Back to Spark

Chapter 7: Load and Behold - Data loading, storage, file formats

python/docs/source/user_guide/loadandbehold.ipynb

4.1.13.0 KB
Original Source

Chapter 7: Load and Behold - Data loading, storage, file formats

python
!pip install pyspark==4.0.0.dev2
python
from pyspark.sql import SparkSession

spark = SparkSession \
    .builder \
    .appName("Data Loading and Storage Example") \
    .getOrCreate()

This section covers how to read and write data in various formats using PySpark. You'll learn how to load data from common file types (e.g., CSV, JSON, Parquet, ORC) and store data efficiently.

Reading Data

1.1 Reading CSV Files

CSV is one of the most common formats for data exchange. Here's how to load a CSV file into a DataFrame:

python
csv_df = spark.read.csv("../data/employees.csv", header=True, inferSchema=True)
csv_df.show()

Explanation:

  • header=True: Treats the first line as column names.
  • inferSchema=True: Automatically infers data types of columns.

1.2 Reading JSON Files

Loading JSON files is simple and allows you to handle both single-line and multi-line JSON structures:

python
json_df = spark.read.option("multiline", "true").json("../data/employees.json")
json_df.show()

Explanation:

  • multiline="true": Allows reading multi-line JSON structures.

1.3 Reading Parquet Files

Parquet is a columnar format that supports efficient data compression and encoding:

python
parquet_df = spark.read.parquet("../data/employees.parquet")
parquet_df.show()

Tip: Parquet files are highly efficient for storing data due to columnar storage and compression.

1.4 Reading ORC Files

ORC is another columnar file format, often used in Hadoop environments:

python
orc_df = spark.read.orc("../data/employees.orc")
orc_df.show()

Writing Data

2.1 Writing Data as CSV

python
csv_df.write.csv("../data/employees_out.csv", mode="overwrite", header=True)

Explanation:

  • mode="overwrite": If the directory exists, it will be replaced.
  • header=True: Writes the column names as the first line.

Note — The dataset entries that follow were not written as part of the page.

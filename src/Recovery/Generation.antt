-- ===== src/Recovery/Generation.antt =====
-- The lease generation of an item's row in
-- backend/app/operations/recovery/infrastructure/repository.py, under the writes of the operations.
use gjallar.Prelude.{
  ℕ, ◌+◌, ◌≤◌, ◌<◌, ◌≡◌, refl, String, Bool, true, false, inl, inr, none, some, List, [], ◌∷◌, ◌++◌,
  any, length, All, All-map, arith, ◌==◌, str_eq_iff, str_eq_refl, Bool-cases, Option-cases,
}
use gjallar.Database.{Database, OperationRecoveryItemRecord, find_recovery}
use gjallar.Recovery.Due.{is_stored}
use gjallar.Recovery.{RecoveryLease, update_recovery, claimed_row, claim_with, claim_rows}

-- The generation of an item's row; 0 without a row.
abbrev pub generation_in : String → List OperationRecoveryItemRecord → ℕ
generation_in id rows = elim (find_recovery id rows) [ none ↦ 0 | some row ↦ row.lease_generation ]

-- Writes that keep the primary key and never lower the generation.
pub record IsFenced (f : OperationRecoveryItemRecord → OperationRecoveryItemRecord) : Type 0 where
  pub key : (row : OperationRecoveryItemRecord) → (f row).operation_id ≡ row.operation_id
  pub grows : (row : OperationRecoveryItemRecord) → row.lease_generation ≤ (f row).lease_generation

pub find-update_recovery :
    (id : String) (f : OperationRecoveryItemRecord → OperationRecoveryItemRecord)
    (rows : List OperationRecoveryItemRecord)
    → ((row : OperationRecoveryItemRecord) → (f row).operation_id ≡ row.operation_id)
    → find_recovery id (update_recovery id f rows)
      ≡ elim (find_recovery id rows) [ none ↦ none | some row ↦ some (f row) ]
unfolding find_recovery update_recovery
find-update_recovery id f [] key = refl
find-update_recovery id f (x ∷ rows) key = ground (arith, key x, find-update_recovery id f rows key)

pub find-update_recovery_ne :
    (id other : String) (f : OperationRecoveryItemRecord → OperationRecoveryItemRecord)
    (rows : List OperationRecoveryItemRecord)
    → ((row : OperationRecoveryItemRecord) → (f row).operation_id ≡ row.operation_id)
    → (other == id) ≡ false
    → find_recovery id (update_recovery other f rows) ≡ find_recovery id rows
unfolding find_recovery update_recovery
find-update_recovery_ne id other f [] key ne = refl
find-update_recovery_ne id other f (x ∷ rows) key ne = ground (
  arith,
  key x,
  str_eq_iff x.operation_id other,
  str_eq_iff x.operation_id id,
  str_eq_iff other id,
  find-update_recovery_ne id other f rows key ne,
)

pub update_recovery-grows :
    (id other : String) (f : OperationRecoveryItemRecord → OperationRecoveryItemRecord)
    (rows : List OperationRecoveryItemRecord)
    → IsFenced f
    → generation_in id rows ≤ generation_in id (update_recovery other f rows)
update_recovery-grows id other f rows fenced = elim (Bool-cases (other == id)) [
  | inr ne ↦ ground (arith, find-update_recovery_ne id other f rows fenced.key ne)
  | inl eq ↦ elim (Option-cases (find_recovery id rows)) [
    | inl absent ↦ ground (arith, absent)
    | inr (row, found) ↦ ground (
      arith,
      found,
      str_eq_iff other id,
      fenced.grows row,
      find-update_recovery id f rows fenced.key,
    )
  ]
]

pub find_recovery-id :
    (id : String) (rows : List OperationRecoveryItemRecord) (row : OperationRecoveryItemRecord)
    → find_recovery id rows ≡ some row
    → row.operation_id ≡ id
unfolding find_recovery
find_recovery-id id [] row h = cc
find_recovery-id id (x ∷ rows) row h =
    ground (arith, str_eq_iff x.operation_id id, find_recovery-id id rows row)

pub find_recovery-append :
    (id : String) (rows : List OperationRecoveryItemRecord) (new : OperationRecoveryItemRecord)
    → generation_in id rows ≤ generation_in id (rows ++ new ∷ [])
unfolding find_recovery
find_recovery-append id [] new = omega arith
find_recovery-append id (x ∷ rows) new = ground (arith, find_recovery-append id rows new)

pub find_recovery-new :
    (rows : List OperationRecoveryItemRecord) (new : OperationRecoveryItemRecord)
    → find_recovery new.operation_id rows ≡ none
    → find_recovery new.operation_id (rows ++ new ∷ []) ≡ some new
unfolding find_recovery
find_recovery-new [] new h = ground (arith, str_eq_refl new.operation_id)
find_recovery-new (x ∷ rows) new h = ground (arith, find_recovery-new rows new)

-- `any(lease.operation_id == id for lease in leases)`
abbrev pub claims : String → List RecoveryLease → Bool
claims id = any (λ (lease : RecoveryLease). lease.item.operation_id == id)

pub claim_with-grows :
    (id token : String) (row : OperationRecoveryItemRecord)
    (f : OperationRecoveryItemRecord → OperationRecoveryItemRecord) (db : Database)
    → IsFenced f
    → generation_in id db.recovery_items
      ≤ generation_in id (claim_with token row f db).1.recovery_items
unfolding claim_with
claim_with-grows id token row f db fenced =
    update_recovery-grows id row.operation_id f db.recovery_items fenced

-- The write of a claim on the found row raises its generation.
pub claim_with-raises :
    (token : String) (row : OperationRecoveryItemRecord)
    (f : OperationRecoveryItemRecord → OperationRecoveryItemRecord) (db : Database) (id : String)
    → ((r : OperationRecoveryItemRecord) → (f r).operation_id ≡ r.operation_id)
    → ((r : OperationRecoveryItemRecord) → (f r).lease_generation ≡ r.lease_generation + 1)
    → row.operation_id ≡ id
    → (stored : OperationRecoveryItemRecord) → find_recovery id db.recovery_items ≡ some stored
    → generation_in id db.recovery_items
      < generation_in id (claim_with token row f db).1.recovery_items
unfolding claim_with
claim_with-raises token row f db id key raises same stored found =
    ground (arith, same, found, raises stored, find-update_recovery id f db.recovery_items key)

claimed_row-IsFenced :
    (now : ℕ) (owner token : String) (lease_time : ℕ)
    → IsFenced (claimed_row now owner token lease_time)
claimed_row-IsFenced now owner token lease_time = record {
  key = λ row. refl;
  grows = λ row. omega arith;
}

pub claim_rows-grows :
    (now : ℕ) (owner : String) (lease_time : ℕ) (tokens : ℕ → String)
    (rows : List OperationRecoveryItemRecord) (db : Database) (id : String)
    → generation_in id db.recovery_items
      ≤ generation_in id (claim_rows now owner lease_time tokens rows db).1.recovery_items
unfolding claim_rows
claim_rows-grows now owner lease_time tokens [] db id = omega arith
claim_rows-grows now owner lease_time tokens (row ∷ rows) db id =
    let token = tokens (length rows) in
    let f = claimed_row now owner token lease_time in
    let first =
      claim_with-grows id token row f db (claimed_row-IsFenced now owner token lease_time) in
    let rest = claim_rows-grows now owner lease_time tokens rows (claim_with token row f db).1 id in
    omega (arith, first, rest)

is_stored-found :
    (id : String) (rows : List OperationRecoveryItemRecord)
    → is_stored id rows ≡ true
    → (row : OperationRecoveryItemRecord) × (find_recovery id rows ≡ some row)
unfolding find_recovery
is_stored-found id [] h = cc
is_stored-found id (x ∷ rows) h = elim (Bool-cases (x.operation_id == id)) [
  | inl first ↦ rw first (x, refl)
  | inr later ↦ rw later (is_stored-found id rows (rw later at h))
]

is_stored-update_recovery :
    (id other : String) (f : OperationRecoveryItemRecord → OperationRecoveryItemRecord)
    (rows : List OperationRecoveryItemRecord)
    → ((row : OperationRecoveryItemRecord) → (f row).operation_id ≡ row.operation_id)
    → is_stored id rows ≡ true
    → is_stored id (update_recovery other f rows) ≡ true
unfolding update_recovery
is_stored-update_recovery id other f [] key h = h
is_stored-update_recovery id other f (x ∷ rows) key h =
    ground (arith, key x, is_stored-update_recovery id other f rows key)

-- Each item that the loop of `claim_due` leases has its generation raised.
pub claim_rows-raises :
    (now : ℕ) (owner : String) (lease_time : ℕ) (tokens : ℕ → String)
    (rows : List OperationRecoveryItemRecord) (db : Database) (id : String)
    → All
        (λ (row : OperationRecoveryItemRecord). is_stored row.operation_id db.recovery_items ≡ true)
        rows
    → claims id (claim_rows now owner lease_time tokens rows db).0 ≡ true
    → generation_in id db.recovery_items
      < generation_in id (claim_rows now owner lease_time tokens rows db).1.recovery_items
unfolding claim_rows claim_with
claim_rows-raises now owner lease_time tokens [] db id a c = cc
claim_rows-raises now owner lease_time tokens (row ∷ rows) db id a c =
    let token = tokens (length rows) in
    let f = claimed_row now owner token lease_time in
    let db1 = (claim_with token row f db).1 in
    let first =
      claim_with-grows id token row f db (claimed_row-IsFenced now owner token lease_time) in
    let rest = claim_rows-grows now owner lease_time tokens rows db1 id in
    elim (Bool-cases (row.operation_id == id)) [
      | inl mine ↦
          let same = (str_eq_iff row.operation_id id).0 mine in
          let (stored, found) = is_stored-found id db.recovery_items (rw same at a.0) in
          let raised =
            claim_with-raises token row f db id (λ r. refl) (λ r. refl) same stored found in
          omega (arith, raised, rest)
      | inr other ↦
          let raised =
            claim_rows-raises now owner lease_time tokens rows db1 id
              (All-map _ _ rows
                (λ r.
                  is_stored-update_recovery r.operation_id row.operation_id f db.recovery_items
                    (λ x. refl))
                a.1)
              (rw other at c) in
          omega (arith, raised, first)
    ]
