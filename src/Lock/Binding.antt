-- ===== src/Lock/Binding.antt =====
-- backend/app/operations/locks/binding.py: the locks that an Operation's two ledgers bind.
use gjallar.Prelude.{
  ℕ, String, Bool, not, ◌&&◌, ◌||◌, Option, none, some, List, [], ◌∷◌, leb, nat_eq, ◌==◌,
  if◌then◌else◌,
}
use gjallar.Prelude.Text.{is_blank, after_prefix, number_of}
use gjallar.Json.{Json, Fields, nil, cons, number, text, array, object, get}
use gjallar.Json.Compare.{json_eq, or_null, is_truthy, has_keys}

-- `expected_lock_count`
unfoldable pub expected_lock_count : String → ℕ
expected_lock_count operation_type =
    if (operation_type == "vm_clone") || (operation_type == "vm_restore") then 2 else 1

-- {'lock_id': ..., 'vmid': ...}
pub record LockReference : Type 0 where
  pub lock_id : String
  pub vmid : ℕ

-- int(m[1]) of re.fullmatch("vmid:([0-9]+)", target_id)
unfoldable pub target_vmid : String → Option ℕ
unfolding number_of
target_vmid target_id = elim (after_prefix "vmid:" target_id) [
  | none ↦ none
  | some digits ↦ number_of digits
]

-- A row of `related_target_locks` with exactly a text `lock_id` and an int `vmid`.
unfoldable pub reference_of : Fields → Option LockReference
unfolding get has_keys
reference_of row = if not (has_keys "lock_id" "vmid" row) then none else elim (get "lock_id" row) [
  | some (text lock_id) ↦ elim (get "vmid" row) [
    | some (number vmid) ↦ some (record { lock_id = lock_id; vmid = vmid })
    | _ ↦ none
  ]
  | _ ↦ none
]

-- The last tests of `lock_references` on the related row.
unfoldable pub is_distinct_source : Fields → LockReference → LockReference → Bool
unfolding get
is_distinct_source source primary row =
    leb 100 row.vmid
    && leb row.vmid 999999999
    && json_eq (number row.vmid) (or_null (get "vmid" source))
    && not (nat_eq row.vmid primary.vmid)
    && not (is_blank row.lock_id)
    && not (row.lock_id == primary.lock_id)

-- `lock_references` of an Operation that binds two locks, after its primary
unfoldable pub related_references : LockReference → Json → Fields → List LockReference
unfolding get reference_of is_distinct_source
related_references primary extra operation_details = elim extra [
  | array (cons (object row) nil) ↦
      if not (json_eq (or_null (get "target_lock_id" operation_details)) (text primary.lock_id))
        || not (
            json_eq (or_null (get "related_target_locks" operation_details))
              (array (cons (object row) nil)))
      then []
      else elim (get "source" operation_details) [
        | some (object source) ↦ elim (reference_of row) [
          | none ↦ []
          | some related ↦
              if is_distinct_source source primary related then primary ∷ related ∷ [] else []
        ]
        | _ ↦ []
      ]
  | _ ↦ []
]

-- `recovery_details.get("related_target_locks", [])`
abbrev pub or_no_items : Option Json → Json
or_no_items none = array nil
or_no_items (some v) = v

-- `lock_references`
unfoldable pub lock_references : String → String → Fields → Fields → List LockReference
unfolding get target_vmid related_references expected_lock_count
lock_references operation_type target_id operation_details recovery_details =
    elim (target_vmid target_id) [
      | none ↦ []
      | some vmid ↦ elim (get "target_lock_id" recovery_details) [
        | some (text lock_id) ↦
            let primary : LockReference = record { lock_id = lock_id; vmid = vmid } in
            let extra = or_no_items (get "related_target_locks" recovery_details) in
            let related = related_references primary extra operation_details in
            if is_blank lock_id
            then []
            else if nat_eq (expected_lock_count operation_type) 1
            then (if is_truthy extra then [] else primary ∷ [])
            else related
        | _ ↦ []
      ]
    ]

2.2 Writing Data as Parquet

Parquet format is recommended for large datasets:

python
parquet_df.write.parquet("../data/employees_out.parquet", mode="overwrite")

2.3 Writing Data as ORC

python
json_df.write.orc("../data/employees_out.orc", mode="overwrite")

Tip: Parquet and ORC formats are best for efficient storage and quick reads.

Additional Options and Configurations

You can customize how data is read and written by using additional options. Here are a few examples:

Custom Delimiter in CSV:

python
spark.read.option("delimiter", ";").csv("../data/employees.csv").show(truncate=False)

Handling Null Values:

python
spark.read.option("nullValue", "NULL").csv("../data/employees.csv").show(truncate=False)

Compression Options:

python
parquet_df.write.option("compression", "gzip").parquet("../data/employees_out.parquet", mode="overwrite")

See the PySpark API reference for Input/Output to check all supported functions and options.